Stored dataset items
● ● ● ● ● ● ●
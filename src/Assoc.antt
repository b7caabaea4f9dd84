-- ===== src/Assoc.antt =====
-- `HashMap<String, V>` and `BTreeMap<String, V>` as association lists. A B-tree's list is in the
-- order of its keys; no code depends on the order of a hash map.
pub mod Laws
use acip_sidecar.Prelude.{Bool, Option, none, some, List, [], ◌∷◌, map, is_some, if◌then◌else◌}
use acip_sidecar.Text.{Text, text_eq}

abbrev pub Assoc {ℓ} : Type ℓ → Type ℓ
Assoc V = List (Text × V)

module _ {ℓ} {V : Type ℓ} where
  unfoldable pub lookup : Text → Assoc V → Option V
  lookup k [] = none
  lookup k ((j, v) ∷ m) = if text_eq j k then some v else lookup k m

  -- Writes the value of a key, where it stands or at the end.
  unfoldable pub insert : Text → V → Assoc V → Assoc V
  insert k v [] = (k, v) ∷ []
  insert k v ((j, w) ∷ m) = if text_eq j k then (k, v) ∷ m else (j, w) ∷ insert k v m

  abbrev pub keys : Assoc V → List Text
  keys = map (λ e. e.0)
● ● ● ● ● ● ●
| EXERCISE DIRECTIONS |
Your answer must consist only of the lines from the one with "pub mod Laws" through the final line of the entries, each retyped exactly.

| ANSWER SPACE |
pub mod Laws
use acip_sidecar.Prelude.{Bool, Option, none, some, List, [], ◌∷◌, map, is_some, if◌then◌else◌}
use acip_sidecar.Text.{Text, text_eq}

abbrev pub Assoc {ℓ} : Type ℓ → Type ℓ
Assoc V = List (Text × V)

module _ {ℓ} {V : Type ℓ} where
  unfoldable pub lookup : Text → Assoc V → Option V
  lookup k [] = none
  lookup k ((j, v) ∷ m) = if text_eq j k then some v else lookup k m

  -- Writes the value of a key, where it stands or at the end.
  unfoldable pub insert : Text → V → Assoc V → Assoc V
  insert k v [] = (k, v) ∷ []
  insert k v ((j, w) ∷ m) = if text_eq j k then (k, v) ∷ m else (j, w) ∷ insert k v m

  abbrev pub keys : Assoc V → List Text
  keys = map (λ e. e.0)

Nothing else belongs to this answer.